Strefa Siatkówki – Mocny Serwis
Strona Główna > Aktualności > PlusLiga > PlusLiga: Warta Zawiercie z napsutą krwią w Olsztynie

PlusLiga: Warta Zawiercie z napsutą krwią w Olsztynie

fot. Klaudia Piwowarczyk

Aluron CMC Warta Zawiercie utrzymuje się na 2. miejscu w tabeli PlusLigi. Wicemistrzowie Polski pokonali na wyjeździe Indykpol AZS Olsztyn 3:1. Prowadzili w meczu już 2:0, jednak Akademicy napsuli im trochę krwi. Ci wygrali w trzeciej partii, a czwartej zespół z Zawiercia był zmuszony do gonitwy, co zakończyło się pomyślnie. MVP wybrano Luke’a Perryego.

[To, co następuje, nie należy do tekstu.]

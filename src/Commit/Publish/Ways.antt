-- ===== src/Commit/Publish/Ways.antt =====
-- The ways out of `gen_new_commit` of server/repo-op.c: what holds on each of them holds of the
-- outcome.
use seafile_server.Base.{
  ℕ, zero, suc, ◌+◌, ◌≤◌, ◌≡◌, refl, ◌∙◌, Bool, true, false, Option, none, some, CString, if_split,
  arith,
}
use seafile_server.Branch.{BranchState, branch_set_commit, test_and_update_branch}
use seafile_server.Commit.{Commit, Repo, get_commit}
use seafile_server.Commit.Publish.{
  World, PublishEnv, Change, Refusal, concurrent_upload, concurrent_update, invalid_repo, Outcome,
  committed, refused, get_repo, merge_with_head, set_branches, after_update, update_head,
  after_commit, with_current, in_repo, attempts, start, again,
}
use seafile_server.Commit.Publish.Attempts.{Tried, left_by, Reaches, next_attempt}

module _ (E : PublishEnv) (change : Change) where
  -- What holds on each way out of an attempt.
  after_update-rule :
      (P : Outcome × World → Type 0) (k : ℕ) (next : World → Outcome × World) (commit : Commit)
      (w : World) (r : Bool × BranchState)
      → (r.0 ≡ true → P (committed commit.commit_id, set_branches E change w r.1))
      → (r.0 ≡ false → change.retry_on_conflict ≡ true → P (next (set_branches E change w r.1)))
      → (r.0 ≡ false → P (refused concurrent_upload, set_branches E change w r.1))
      → P (after_update E change k next commit w r)
  after_update-rule P k next commit w (true, branches) done again stop = done refl
  after_update-rule P k next commit w (false, branches) done again stop =
      if_split P change.retry_on_conflict _ _ (λ retry. again refl retry) (λ e. stop refl)

  after_commit-rule :
      (P : Outcome × World → Type 0) (k : ℕ) (next : World → Outcome × World) (repo : Repo)
      (current_head : Commit) (r : (Option Refusal × World) × Commit)
      → ((why : Refusal) (u : World) → P (refused why, u))
      → ((u : World) (commit : Commit)
          → r ≡ ((none, u), commit)
          → P (update_head E change k next repo current_head commit (E.others k u)))
      → P (after_commit E change k next repo current_head r)
  after_commit-rule P k next repo current_head ((some why, u), commit) stop go = stop why u
  after_commit-rule P k next repo current_head ((none, u), commit) stop go = go u commit refl

  with_current-rule :
      (P : Outcome × World → Type 0) (k : ℕ) (next : World → Outcome × World) (repo : Repo)
      (new_commit : Commit) (v : World) (o : Option Commit)
      → P (refused invalid_repo, v)
      → ((c : Commit)
          → o ≡ some c
          → P (
              after_commit E change k next repo c
                (merge_with_head E change v repo c new_commit (E.now (suc k)))))
      → P (with_current E change k next repo new_commit v o)
  with_current-rule P k next repo new_commit v none stop go = stop
  with_current-rule P k next repo new_commit v (some c) stop go = go c refl

  pub in_repo-rule :
      (P : Outcome × World → Type 0) (repo_id : CString) (next : Repo → Outcome × World) (v : World)
      (o : Option Repo)
      → get_repo E v repo_id ≡ o
      → P (refused invalid_repo, v)
      → ((repo : Repo) → get_repo E v repo_id ≡ some repo → P (next repo))
      → P (in_repo E change next v o)
  in_repo-rule P repo_id next v none e stop go = stop
  in_repo-rule P repo_id next v (some repo) e stop go = go repo e

  pub start-rule :
      (P : Outcome × World → Type 0) (repo_id : CString) (repo : Repo)
      (r : (Option Refusal × World) × Commit)
      → ((why : Refusal) (u : World) → P (refused why, u))
      → ((v : World) (commit : Commit)
          → r ≡ ((none, v), commit)
          → P (attempts E change 3 0 repo_id commit repo v))
      → P (start E change repo_id repo r)
  start-rule P repo_id repo ((some why, v), commit) stop go = stop why v
  start-rule P repo_id repo ((none, v), commit) stop go = go v commit refl

  -- What holds of each refusal, and of each attempt of the run that has updated the branch, holds of
  -- the outcome.
  module _ (repo_id : CString) (new_commit : Commit) (w : World) (P : Outcome × World → Type 0)
      (stops : (why : Refusal) (u : World) → P (refused why, u))
      (done : (k : ℕ) (repo : Repo) (v : World) (t : Tried E change new_commit k repo v)
        → Reaches E change new_commit repo_id w k repo v
        → k ≤ 3
        → t.updated ≡ true
        → P (committed t.commit.commit_id, left_by E change new_commit k repo v t)) where
    abbrev Continues : (k : ℕ) (repo : Repo) (v : World) → (World → Outcome × World) → Type 0
    Continues k repo v next =
        (t : Tried E change new_commit k repo v)
        → t.updated ≡ false
        → change.retry_on_conflict ≡ true
        → P (next (left_by E change new_commit k repo v t))

    after_update-holds :
        (k : ℕ) (next : World → Outcome × World) (repo : Repo) (v saved : World)
        (current_head commit : Commit) (r : Bool × BranchState)
        → Reaches E change new_commit repo_id w k repo v
        → k ≤ 3
        → get_commit v.commits repo.id repo.head.commit_id ≡ some current_head
        → merge_with_head E change v repo current_head new_commit (E.now (suc k))
          ≡ ((none, saved), commit)
        → test_and_update_branch E.is_virtual_repo
            (E.trans k)
            (branch_set_commit repo.head commit.commit_id)
            current_head.commit_id
            (E.others k saved).branches
          ≡ r
        → Continues k repo v next
        → P (after_update E change k next commit (E.others k saved) r)
    after_update-holds k next repo v saved current_head commit r reached few a b c later =
        let tried : Tried E change new_commit k repo v = record {
          current_head = current_head;
          commit = commit;
          saved = saved;
          updated = r.0;
          branches = r.1;
          is_current = a;
          merges = b;
          updates = c;
        } in
        after_update-rule P k next commit (E.others k saved) r
          (λ ok. done k repo v tried reached few ok) (λ fails retry. later tried fails retry)
          (λ fails. stops concurrent_upload _)

    after_commit-holds :
        (k : ℕ) (next : World → Outcome × World) (repo : Repo) (v : World) (current_head : Commit)
        (r : (Option Refusal × World) × Commit)
        → Reaches E change new_commit repo_id w k repo v
        → k ≤ 3
        → get_commit v.commits repo.id repo.head.commit_id ≡ some current_head
        → merge_with_head E change v repo current_head new_commit (E.now (suc k)) ≡ r
        → Continues k repo v next
        → P (after_commit E change k next repo current_head r)
    after_commit-holds k next repo v current_head r reached few a b later =
        after_commit-rule P k next repo current_head r stops (λ u commit e.
          after_update-holds k next repo v u current_head commit _ reached few a (b ∙ e) refl later)

    with_current-holds :
        (k : ℕ) (next : World → Outcome × World) (repo : Repo) (v : World) (o : Option Commit)
        → Reaches E change new_commit repo_id w k repo v
        → k ≤ 3
        → get_commit v.commits repo.id repo.head.commit_id ≡ o
        → Continues k repo v next
        → P (with_current E change k next repo new_commit v o)
    with_current-holds k next repo v o reached few e later =
        with_current-rule P k next repo new_commit v o (stops invalid_repo _)
          (λ c is_some. after_commit-holds k next repo v c _ reached few (e ∙ is_some) refl later)

    pub attempts-holds :
        (left k : ℕ) (repo : Repo) (v : World)
        → k + left ≡ 3
        → Reaches E change new_commit repo_id w k repo v
        → P (attempts E change left k repo_id new_commit repo v)
    unfolding attempts
    attempts-holds zero k repo v few reached =
        with_current-holds k (λ w'. (refused concurrent_update, w')) repo v _ reached
          (omega (arith, few)) refl (λ t no_update retry. stops concurrent_update _)
    attempts-holds (suc left) k repo v few reached =
        with_current-holds k (again E change left k repo_id new_commit) repo v _ reached
          (omega (arith, few)) refl
          (λ t no_update retry.
            in_repo-rule P repo_id
              (λ repo'.
                attempts E change left (suc k) repo_id new_commit repo'
                  (E.sleeps k (left_by E change new_commit k repo v t)))
              (E.sleeps k (left_by E change new_commit k repo v t)) _ refl (stops invalid_repo _)
              (λ repo' loads.
                attempts-holds left (suc k) repo' _ (omega (arith, few))
                  (next_attempt t reached no_update retry loads)))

BYŁ KONTAKT, ALE nie wysoka skuteczność

Spotkanie z początku stało pod znakiem trzech autowych ataków gospodarzy, po których Warta wygrywała 6:2. Mimo że wicemistrzowie Polski również nie wystrzegali się błędów – popełniali je rzadziej (6:4). Podopieczni Michała Winiarskiego stawiali na ryzyko w polu zagrywki, do gry w ataku podłączył się Nicolas Szerszeń (9:7, 11:8). W połowie seta obie ekipy zaprezentowały swoje możliwości serwisem. Najpierw asa posłał Mateusz Bieniek (15:11), by po chwili dwoma z rzędu odpłacił się Manuel Armoa (15:14). Przez moment Akademicy mieli kontakt, jednak brakowało im skuteczności w ataku. Na blok nadział się Szerszeń, asa posłał Aaron Russell, a w długich akcjach punktowali zawiercianie, wracając do wysokiej zaliczki (21:15). Im bliżej końca, tym coraz większe kontrowersje z udziałem werdyktów sędziowskich, swojego rozgoryczenia nie kryli miejscowi. Po kontrze Karola Butryna i autowym serwisie Pawła Cieślika było po secie (25:19).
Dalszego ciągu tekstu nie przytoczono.